[Collected data]
━━━━━━━━

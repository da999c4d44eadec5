-- ===== src/StatusList/Sweep.antt =====
-- runPublisherOnce and runScheduledPublish of apps/minister/src/lib/status-list/publish.ts: a pass
-- over every list, and the alert for the lists that it leaves unsigned or expired.
use minister.Common.{
  ℕ, suc, ◌+◌, ◌*◌, ◌≤◌, String, ◌≡◌, refl, ap, inl, inr, Bool, true, false, not, ◌&&◌, ◌||◌,
  Option, none, some, In-nil, In-map, In-keep, List, [], ◌∷◌, map, keep, Bool-cases, arith, In,
  here, there, ltb, if◌then◌else◌, Entries, string_eq, ◌==◌,
}
use minister.StatusList.Publisher.{
  validity_window_ms, ListRow, StatusListPayload, unpublished, published, Outcome, returned, raced,
  threw, Try, publish_list,
}

pub record PublisherRunSummary : Type 0 where
  pub lists : ℕ
  pub published_lists : ℕ
  pub changed : ℕ
  pub failed : List String

pub data ScheduledPublishOutcome : Type 0 where
  pass_published : ScheduledPublishOutcome
  skipped_locked : ScheduledPublishOutcome

-- The lists that lag, those that failed, and whether the pass was aborted.
pub record LagAlert : Type 0 where
  pub lagging : List String
  pub failed : List String
  pub sweep_error : Bool

abbrev no_summary : PublisherRunSummary
no_summary = record { lists = 0; published_lists = 0; changed = 0; failed = [] }

unfoldable pub count_in : String → Outcome → PublisherRunSummary → PublisherRunSummary
count_in id (returned (published version changed n)) rest = record {
  lists = suc rest.lists;
  published_lists = suc rest.published_lists;
  changed = if changed then suc rest.changed else rest.changed;
  failed = rest.failed;
}
count_in id (returned unpublished) rest = record rest { lists = suc rest.lists }
count_in id raced rest = record rest { lists = suc rest.lists }
count_in id threw rest = record rest { lists = suc rest.lists; failed = id ∷ rest.failed }

-- The test that a date is before `now` less a span is written as a sum.
unfoldable pub is_lagging : ℕ → ℕ → ListRow → Bool
is_lagging now interval row =
    ((row.signed_jwt == "") && ltb (row.published_at + 2 * interval) now)
    || (not (row.signed_jwt == "") && ltb (row.published_at + validity_window_ms) now)

unfoldable pub lagging_of : ℕ → ℕ → Entries String ListRow → List String
lagging_of now interval rows =
    map (λ (r : String × ListRow). r.0) (keep (λ r. is_lagging now interval r.1) rows)

unfoldable pub is_nil : List String → Bool
is_nil [] = true
is_nil (x ∷ xs) = false

unfoldable pub alert_publisher_lag_if_any :
    ℕ → ℕ → Entries String ListRow → PublisherRunSummary → Bool → Option LagAlert
alert_publisher_lag_if_any now interval rows summary sweep_error =
    let lagging = lagging_of now interval rows in
    if is_nil lagging && is_nil summary.failed && not sweep_error
    then none
    else (some (record { lagging = lagging; failed = summary.failed; sweep_error = sweep_error }))

module _ (url_of : String → String) (sign : StatusListPayload → Option String) where
  -- The pass over the lists, each with the tries that its publication meets.
  unfoldable pub run_publisher_once : ℕ → String → List (String × List Try) → PublisherRunSummary
  run_publisher_once now issuer_did [] = no_summary
  run_publisher_once now issuer_did ((id, tries) ∷ rest) =
      count_in id (publish_list url_of sign now false issuer_did id tries).0
        (run_publisher_once now issuer_did rest)

  -- The pass of an interval, with the issuer's id, `none` if it cannot be had, and the rows that
  -- the reads after the pass see.
  unfoldable pub run_scheduled_publish :
      ℕ
      → Bool
      → ℕ
      → Option String
      → List (String × List Try)
      → Entries String ListRow
      → ScheduledPublishOutcome × Option LagAlert
  run_scheduled_publish interval is_locked now none lists after =
      if is_locked
      then (pass_published, alert_publisher_lag_if_any now interval after no_summary true)
      else (skipped_locked, none)
  run_scheduled_publish interval is_locked now (some issuer_did) lists after =
      if is_locked
      then (
        pass_published,
        alert_publisher_lag_if_any now interval after (run_publisher_once now issuer_did lists)
            false,
      )
      else (skipped_locked, none)

-- A list that verifiers can still rely on: it has a signature within its validity, or is still new.
unfoldable pub IsFreshList : ℕ → ℕ → ListRow → Type 0
IsFreshList now interval row =
    ((row.signed_jwt == "") ≡ true → now ≤ row.published_at + 2 * interval)
    × ((row.signed_jwt == "") ≡ false → now ≤ row.published_at + validity_window_ms)

fresh-not_lagging :
    (now interval : ℕ) (row : ListRow)
    → is_lagging now interval row ≡ false
    → IsFreshList now interval row
unfolding is_lagging IsFreshList
fresh-not_lagging now interval row h = (λ unsigned. ground arith, λ signed. ground arith)

not_nil_of : {x : String} (xs : List String) → In x xs → is_nil xs ≡ true → ⊥
unfolding is_nil
not_nil_of [] m e = In-nil m
not_nil_of (y ∷ ys) m e = grind arith

no_lag-fresh :
    (now interval : ℕ) (rows : Entries String ListRow) (r : String × ListRow)
    → is_nil (lagging_of now interval rows) ≡ true
    → In r rows
    → IsFreshList now interval r.1
unfolding lagging_of
no_lag-fresh now interval rows r h m = elim (Bool-cases (is_lagging now interval r.1)) [
  | inl lags ↦ absurd (not_nil_of _ (In-map _ (In-keep _ m lags)) h)
  | inr fresh ↦ fresh-not_lagging now interval r.1 fresh
]

quiet_if :
    (a b c : Bool) (x : LagAlert)
    → ◌≡◌ {A = Option LagAlert} (if a && b && not c then none else some x) none
    → (a ≡ true) × (b ≡ true) × (c ≡ false)
quiet_if true true false x h = (refl, refl, refl)
quiet_if true true true x h = absurd (grind arith)
quiet_if true false c x h = absurd (grind arith)
quiet_if false b c x h = absurd (grind arith)

quiet_alert :
    (now interval : ℕ) (rows : Entries String ListRow) (summary : PublisherRunSummary)
    (sweep_error : Bool)
    → alert_publisher_lag_if_any now interval rows summary sweep_error ≡ none
    → (is_nil (lagging_of now interval rows) ≡ true)
      × (is_nil summary.failed ≡ true)
      × (sweep_error ≡ false)
unfolding alert_publisher_lag_if_any
quiet_alert now interval rows summary sweep_error h = quiet_if _ _ _ _ h

count_in-failed :
    (id : String) (out : Outcome) (rest : PublisherRunSummary)
    → is_nil (count_in id out rest).failed ≡ true
    → ¬ (out ≡ threw) × (is_nil rest.failed ≡ true)
unfolding count_in is_nil
count_in-failed id (returned (published version changed n)) rest h = (λ e. grind arith, h)
count_in-failed id (returned unpublished) rest h = (λ e. grind arith, h)
count_in-failed id raced rest h = (λ e. grind arith, h)
count_in-failed id threw rest h = absurd (grind arith)

module _ (url_of : String → String) (sign : StatusListPayload → Option String) where
  run_publisher_once-failed :
      (now : ℕ) (issuer_did : String) (lists : List (String × List Try)) (l : String × List Try)
      → is_nil (run_publisher_once url_of sign now issuer_did lists).failed ≡ true
      → In l lists
      → ¬ ((publish_list url_of sign now false issuer_did l.0 l.1).0 ≡ threw)
  unfolding run_publisher_once
  run_publisher_once-failed now issuer_did [] l h m = absurd (In-nil m)
  run_publisher_once-failed now issuer_did ((id, tries) ∷ lists) l h here =
      (count_in-failed id _ _ h).0
  run_publisher_once-failed now issuer_did ((id, tries) ∷ lists) l h (there m) =
      run_publisher_once-failed now issuer_did lists l (count_in-failed id _ _ h).1 m

  -- A failure to publish is never silent. If a pass that has the lock raises no alert, there was an
  -- issuer, no list's publication threw, and every list that the reads after the pass see is
  -- unexpired, or unsigned and at most two intervals old.
  pub run_scheduled_publish-quiet :
      (interval now : ℕ) (issuer : Option String) (lists : List (String × List Try))
      (after : Entries String ListRow)
      → run_scheduled_publish url_of sign interval true now issuer lists after
        ≡ (pass_published, none)
      → (issuer_did : String) × (issuer ≡ some issuer_did)
        × ((l : String × List Try)
            → In l lists
            → ¬ ((publish_list url_of sign now false issuer_did l.0 l.1).0 ≡ threw))
        × ((r : String × ListRow) → In r after → IsFreshList now interval r.1)
  unfolding run_scheduled_publish
  run_scheduled_publish-quiet interval now none lists after h =
      absurd (ground (arith, quiet_alert now interval after no_summary true (ap (λ o. o.1) h)))
  run_scheduled_publish-quiet interval now (some issuer_did) lists after h =
      let (fresh, done, _) = quiet_alert now interval after _ false (ap (λ o. o.1) h) in
      (
        issuer_did,
        refl,
        λ l m. run_publisher_once-failed now issuer_did lists l done m,
        λ r m. no_lag-fresh now interval after r fresh m,
      )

━━━━━━━━

* The problem *
Only the lines from the one containing "-- issuer, no" through the end of the entries above should be written out, exactly and in full.

* Problem solution *
  -- issuer, no list's publication threw, and every list that the reads after the pass see is
  -- unexpired, or unsigned and at most two intervals old.
  pub run_scheduled_publish-quiet :
      (interval now : ℕ) (issuer : Option String) (lists : List (String × List Try))
      (after : Entries String ListRow)
      → run_scheduled_publish url_of sign interval true now issuer lists after
        ≡ (pass_published, none)
      → (issuer_did : String) × (issuer ≡ some issuer_did)
        × ((l : String × List Try)
            → In l lists
            → ¬ ((publish_list url_of sign now false issuer_did l.0 l.1).0 ≡ threw))
        × ((r : String × ListRow) → In r after → IsFreshList now interval r.1)
  unfolding run_scheduled_publish
  run_scheduled_publish-quiet interval now none lists after h =
      absurd (ground (arith, quiet_alert now interval after no_summary true (ap (λ o. o.1) h)))
  run_scheduled_publish-quiet interval now (some issuer_did) lists after h =
      let (fresh, done, _) = quiet_alert now interval after _ false (ap (λ o. o.1) h) in
      (
        issuer_did,
        refl,
        λ l m. run_publisher_once-failed now issuer_did lists l done m,
        λ r m. no_lag-fresh now interval after r fresh m,
      )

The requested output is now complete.